■ TASK GOAL:
Would you please transcribe, exactly as written, the lines of the entries below starting at the one that holds "advice now candidate" and ending at the one that holds "abbrev pub audit_matches", both included?

■ PROVIDED ENTRIES:
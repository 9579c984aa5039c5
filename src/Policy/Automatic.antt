-- ===== src/Policy/Automatic.antt =====
-- src/policy.ts: the recovery that is authorized with no human decision.
use herdr_harness_lite.Model.Incident.{
  Incident, AutomaticRecoveryCandidate, RecoveryAction, Approval, AutomaticRecovery, ProviderScope,
  provider_transient, AnalystAdvice, same_head, pre_dispatch, retry_fresh_reviewer, policy_rule,
  retry_fresh_worker, recovery_action_eq, rule_of, infrastructure_exhausted,
  automatic_recovery_rule_eq, worker_pre_dispatch_infrastructure, of_lane, fingerprint_of,
  provider_pre_side_effect_transient, approval_basis_eq, reviewer_same_head_infrastructure,
  block_class_eq, incident_lane_eq,
}
use herdr_harness_lite.Model.Attempt.{Attempt, running, settled, attempt_phase_eq}
use herdr_harness_lite.Base.Int.{ℤ, pos, ltb_ℤ, ◌+ℤ◌}
use herdr_harness_lite.Model.Platform.{Platform}
use herdr_harness_lite.Model.Diagnostic.{
  runtime_side_effect_boundary_from, SafeRuntimeDiagnostic,
  is_pre_side_effect_transient_provider_code,
}
use herdr_harness_lite.Model.Job.{Job, blocked, job_state_eq}
use herdr_harness_lite.Base.{
  List, String, Bool, Option, ◌otherwise◌, if◌then◌else◌, ◌&&◌, ◌==◌, none, string_eq, false, some,
  not, [], is_some, ◌||◌, is_none, option_eq, true, ◌/=◌, some_of, includes, is_empty,
}
use herdr_harness_lite.Policy.Operator.{holds_of}
use herdr_harness_lite.Model.Digest.{digest, obj, field, str, end}
use herdr_harness_lite.Model.Snapshot.{
  Lane, pi_rpc, attempt_runtime_adapter_eq, worker, lane_eq, reviewer,
}
use herdr_harness_lite.Base.Text.{is_blank, is_hex}
use herdr_harness_lite.Model.Encode.{rule_text, nullable, lane_text}
use herdr_harness_lite.Policy.{is_falsy, allowed_actions_for}

abbrev pub provider_pre_side_effect_backoff_ms : ℤ
provider_pre_side_effect_backoff_ms = pos 5000

unfoldable pub pre_side_effect_provider_failure : Option SafeRuntimeDiagnostic → Bool
unfolding runtime_side_effect_boundary_from
pre_side_effect_provider_failure none = false
pre_side_effect_provider_failure (some diagnostic) =
    elim (runtime_side_effect_boundary_from diagnostic) [
      | none ↦ false
      | some b ↦
          not b.tool_execution_started
          && not b.durable_result_present
          && not b.worktree_changed
          && not b.commit_created
    ]

-- `attempt.executionSnapshot?.provider`, `null` and missing alike
abbrev pub provider_of : Attempt → Option String
provider_of attempt = elim attempt.execution_snapshot [ none ↦ none | some s ↦ s.provider ]

abbrev pub uses_pi_rpc : Attempt → Bool
uses_pi_rpc attempt = holds_of (λ s. s.adapter == pi_rpc) attempt.execution_snapshot

-- `attempt.expectedHeadSha ?? attempt.baseSha`
abbrev pub anchor_of : Attempt → String
anchor_of attempt = attempt.expected_head_sha otherwise attempt.base_sha

unfoldable pub provider_fingerprint : Platform → String → String → String → String → String
provider_fingerprint platform provider failure_code attempt_id head_sha = digest platform (
    obj (
      field "rule" (str (rule_text provider_pre_side_effect_transient)) (
        field "provider" (str provider) (
          field "failureCode" (str failure_code)
            (field "attemptId" (str attempt_id) (field "headSha" (str head_sha) end))))))

unfoldable pub scope_fingerprint : Platform → String → Lane → String → String
scope_fingerprint platform job_id lane head_sha = digest platform (
    obj (
      field "rule" (str (rule_text provider_pre_side_effect_transient)) (
        field "jobId" (str job_id)
          (field "lane" (str (lane_text lane)) (field "headSha" (str head_sha) end)))))

-- The part of `providerAutomaticRecoveryCandidate` after the Provider and the time are known.
provider_candidate_at :
    Platform
    → Job
    → Attempt
    → String
    → ℤ
    → SafeRuntimeDiagnostic
    → Option AutomaticRecoveryCandidate
unfolding provider_fingerprint scope_fingerprint
provider_candidate_at platform job attempt provider observed diagnostic =
    let head = anchor_of attempt in
    if not (uses_pi_rpc attempt)
      || provider == ""
      || not (is_hex 40 head)
      || not (is_pre_side_effect_transient_provider_code diagnostic.failure_code)
      || not (pre_side_effect_provider_failure (some diagnostic))
    then none
    else some (
        provider_transient
          (provider_fingerprint platform provider diagnostic.failure_code attempt.id head)
          (record {
            scope_fingerprint = scope_fingerprint platform job.id attempt.lane head;
            lane = attempt.lane;
            head_sha = head;
            provider = provider;
            failure_code = diagnostic.failure_code;
            not_before = platform.iso_string (observed +ℤ provider_pre_side_effect_backoff_ms);
          }))

unfoldable pub provider_automatic_recovery_candidate :
    Platform
    → Job
    → Attempt
    → Option SafeRuntimeDiagnostic
    → Option String
    → Option AutomaticRecoveryCandidate
unfolding provider_candidate_at
provider_automatic_recovery_candidate platform job attempt diagnostic observed_at =
    elim (provider_of attempt) [
      | none ↦ none
      | some provider ↦ elim observed_at [
        | none ↦ none
        | some at ↦ elim (platform.parse_date at) [
          | none ↦ none
          | some observed ↦ elim diagnostic [
            | none ↦ none
            | some d ↦
                if at == ""
                then none
                else provider_candidate_at platform job attempt provider observed d
          ]
        ]
      ]
    ]

-- The candidates that need no Provider, of an Attempt that was not dispatched.
unfoldable pub undispatched_candidate : Platform → Job → Attempt → Option AutomaticRecoveryCandidate
undispatched_candidate platform job attempt =
    if attempt.phase == running || attempt.phase == settled
    then none
    else if attempt.lane == worker
    then some (
        pre_dispatch (
          digest platform (
            obj (
              field "rule" (str (rule_text worker_pre_dispatch_infrastructure)) (
                field "baseSha" (str attempt.base_sha) (
                  field "expectedRemoteHeadSha" (nullable attempt.expected_remote_head_sha)
                    end))))))
    else elim job.head_sha [
      | none ↦ none
      | some head ↦
          if head == "" || attempt.expected_head_sha /= some head
          then none
          else some (
              same_head (
                digest platform (
                  obj (
                    field "rule" (str (rule_text reviewer_same_head_infrastructure))
                      (field "baseSha" (str attempt.base_sha) (field "headSha" (str head) end))))))
    ]

unfoldable pub automatic_recovery_candidate_for_attempt :
    Platform
    → Job
    → Attempt
    → Option SafeRuntimeDiagnostic
    → Option String
    → Option AutomaticRecoveryCandidate
automatic_recovery_candidate_for_attempt platform job attempt diagnostic observed_at =
    if is_some attempt.result
    then none
    else elim (provider_automatic_recovery_candidate platform job attempt diagnostic observed_at) [
      | some candidate ↦ some candidate
      | none ↦ undispatched_candidate platform job attempt
    ]

abbrev pub recoveries_of : Job → List AutomaticRecovery
recoveries_of job = job.automatic_recoveries otherwise []

-- The retry that a candidate asks for.
abbrev pub action_of : AutomaticRecoveryCandidate → RecoveryAction
action_of (same_head _) = retry_fresh_reviewer
action_of (pre_dispatch _) = retry_fresh_worker
action_of (provider_transient _ p) = elim p.lane [
  | worker ↦ retry_fresh_worker
  | reviewer ↦ retry_fresh_reviewer
]

-- What `advice` must say for a rule that is not the Provider's.
abbrev pub supports : Incident → RecoveryAction → AutomaticRecoveryCandidate → AnalystAdvice → Bool
supports incident action candidate advice =
    advice.incident_id == incident.id
    && advice.action == action
    && not (is_blank advice.resolution_brief)
    && (rule_of candidate /= worker_pre_dispatch_infrastructure || is_empty advice.unknowns)

-- `now` is a date that is not before `not_before`; a `not_before` that is no date compares as `false`.
unfoldable pub has_come : Platform → Option String → String → Bool
has_come platform now not_before = elim now [
  | none ↦ false
  | some text ↦ text /= "" && elim (platform.parse_date text) [
    | none ↦ false
    | some time ↦ elim (platform.parse_date not_before) [
      | none ↦ true
      | some limit ↦ not (ltb_ℤ time limit)
    ]
  ]
]

-- What the Provider rule demands.
unfoldable pub provider_ready :
    Platform → Job → Incident → Attempt → ProviderScope → Option String → Bool
unfolding has_come
provider_ready platform job incident attempt scope now =
    has_come platform now scope.not_before
    && attempt.lane == scope.lane
    && anchor_of attempt == scope.head_sha
    && provider_of attempt == some scope.provider
    && holds_of (λ d. d.failure_code == scope.failure_code) incident.runtime_diagnostic
    && is_pre_side_effect_transient_provider_code scope.failure_code
    && pre_side_effect_provider_failure incident.runtime_diagnostic
    && not (some_of (λ e. e.scope_fingerprint == some scope.scope_fingerprint) (recoveries_of job))

-- What each rule demands besides the tests that all share.
unfoldable pub rule_ready :
    Platform
    → Job
    → Incident
    → Attempt
    → Option AnalystAdvice
    → Option String
    → AutomaticRecoveryCandidate
    → Bool
unfolding provider_ready
rule_ready platform job incident attempt advice now (pre_dispatch f) =
    holds_of (supports incident retry_fresh_worker (pre_dispatch f)) advice
    && attempt.lane == worker
rule_ready platform job incident attempt advice now (same_head f) =
    holds_of (supports incident retry_fresh_reviewer (same_head f)) advice
    && attempt.lane == reviewer
    && not (is_falsy job.head_sha)
    && attempt.expected_head_sha == job.head_sha
rule_ready platform job incident attempt advice now (provider_transient f scope) =
    provider_ready platform job incident attempt scope now

pub record Authorized : Type 0 where
  pub candidate : AutomaticRecoveryCandidate
  pub action : RecoveryAction
  pub attempt_id : String

-- The tests that all rules share.
unfoldable pub shared_ready : Job → Incident → Attempt → AutomaticRecoveryCandidate → Bool
shared_ready job incident attempt candidate =
    job.state == blocked
    && is_none job.approval
    && incident.block_class == infrastructure_exhausted
    && incident.attempt_id == some attempt.id
    && incident.lane == of_lane attempt.lane
    && attempt.phase == settled
    && is_none attempt.result
    && includes incident.allowed_actions (action_of candidate)
    && includes (allowed_actions_for incident.block_class incident.lane) (action_of candidate)
    && not (
        some_of (λ e. e.approval.fingerprint == some (fingerprint_of candidate))
          (recoveries_of job))

unfoldable pub automatic_recovery_for :
    Platform → Job → Option AnalystAdvice → Option String → Option Authorized
automatic_recovery_for platform job advice now = elim job.incident [
  | none ↦ none
  | some incident ↦ elim incident.automatic_recovery [
    | none ↦ none
    | some candidate ↦ elim job.active_attempt [
      | none ↦ none
      | some attempt ↦
          if shared_ready job incident attempt candidate
            && rule_ready platform job incident attempt advice now candidate
          then some (record {
            candidate = candidate;
            action = action_of candidate;
            attempt_id = attempt.id;
          })
          else none
    ]
  ]
]

unfoldable pub automatic_recovery_backoff_pending :
    Platform → Job → Option AnalystAdvice → String → Bool
automatic_recovery_backoff_pending platform job advice now = elim job.incident [
  | none ↦ false
  | some incident ↦ elim incident.automatic_recovery [
    | some (provider_transient f scope) ↦ elim (platform.parse_date now) [
      | none ↦ false
      | some time ↦ elim (platform.parse_date scope.not_before) [
        | none ↦ false
        | some limit ↦
            ltb_ℤ time limit
            && is_some (automatic_recovery_for platform job advice (some scope.not_before))
      ]
    ]
    | _ ↦ false
  ]
]

-- The fields of the audit record that a candidate of the Provider rule fixes.
abbrev scope_matches : AutomaticRecoveryCandidate → AutomaticRecovery → Bool
scope_matches (provider_transient f scope) e =
    e.scope_fingerprint == some scope.scope_fingerprint
    && e.lane == some scope.lane
    && e.head_sha == some scope.head_sha
    && e.provider == some scope.provider
    && e.failure_code == some scope.failure_code
    && e.not_before == some scope.not_before
scope_matches _ e = true

abbrev pub audit_matches : Job → Approval → AutomaticRecoveryCandidate → AutomaticRecovery → Bool
audit_matches job approval candidate e =
    e.approval.id == approval.id
    && e.approval.incident_id == approval.incident_id
    && e.approval.analysis_id == approval.analysis_id
    && holds_of (λ a. e.attempt_id == a.id) job.active_attempt
    && e.approval.action == approval.action
    && e.approval.policy_rule_name == approval.policy_rule_name
    && e.approval.fingerprint == approval.fingerprint
    && scope_matches candidate e

unfoldable pub is_automatic_recovery_approval : Job → Approval → Bool
is_automatic_recovery_approval job approval = elim job.incident [
  | none ↦ false
  | some incident ↦ elim incident.automatic_recovery [
    | none ↦ false
    | some candidate ↦
        approval.basis == some policy_rule
        && approval.policy_rule_name == some (rule_of candidate)
        && approval.fingerprint == some (fingerprint_of candidate)
        && some_of (audit_matches job approval candidate) (recoveries_of job)
  ]
]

■ EXERCISE OUTPUT:
            && rule_ready platform job incident attempt advice now candidate
          then some (record {
            candidate = candidate;
            action = action_of candidate;
            attempt_id = attempt.id;
          })
          else none
    ]
  ]
]

unfoldable pub automatic_recovery_backoff_pending :
    Platform → Job → Option AnalystAdvice → String → Bool
automatic_recovery_backoff_pending platform job advice now = elim job.incident [
  | none ↦ false
  | some incident ↦ elim incident.automatic_recovery [
    | some (provider_transient f scope) ↦ elim (platform.parse_date now) [
      | none ↦ false
      | some time ↦ elim (platform.parse_date scope.not_before) [
        | none ↦ false
        | some limit ↦
            ltb_ℤ time limit
            && is_some (automatic_recovery_for platform job advice (some scope.not_before))
      ]
    ]
    | _ ↦ false
  ]
]

-- The fields of the audit record that a candidate of the Provider rule fixes.
abbrev scope_matches : AutomaticRecoveryCandidate → AutomaticRecovery → Bool
scope_matches (provider_transient f scope) e =
    e.scope_fingerprint == some scope.scope_fingerprint
    && e.lane == some scope.lane
    && e.head_sha == some scope.head_sha
    && e.provider == some scope.provider
    && e.failure_code == some scope.failure_code
    && e.not_before == some scope.not_before
scope_matches _ e = true

abbrev pub audit_matches : Job → Approval → AutomaticRecoveryCandidate → AutomaticRecovery → Bool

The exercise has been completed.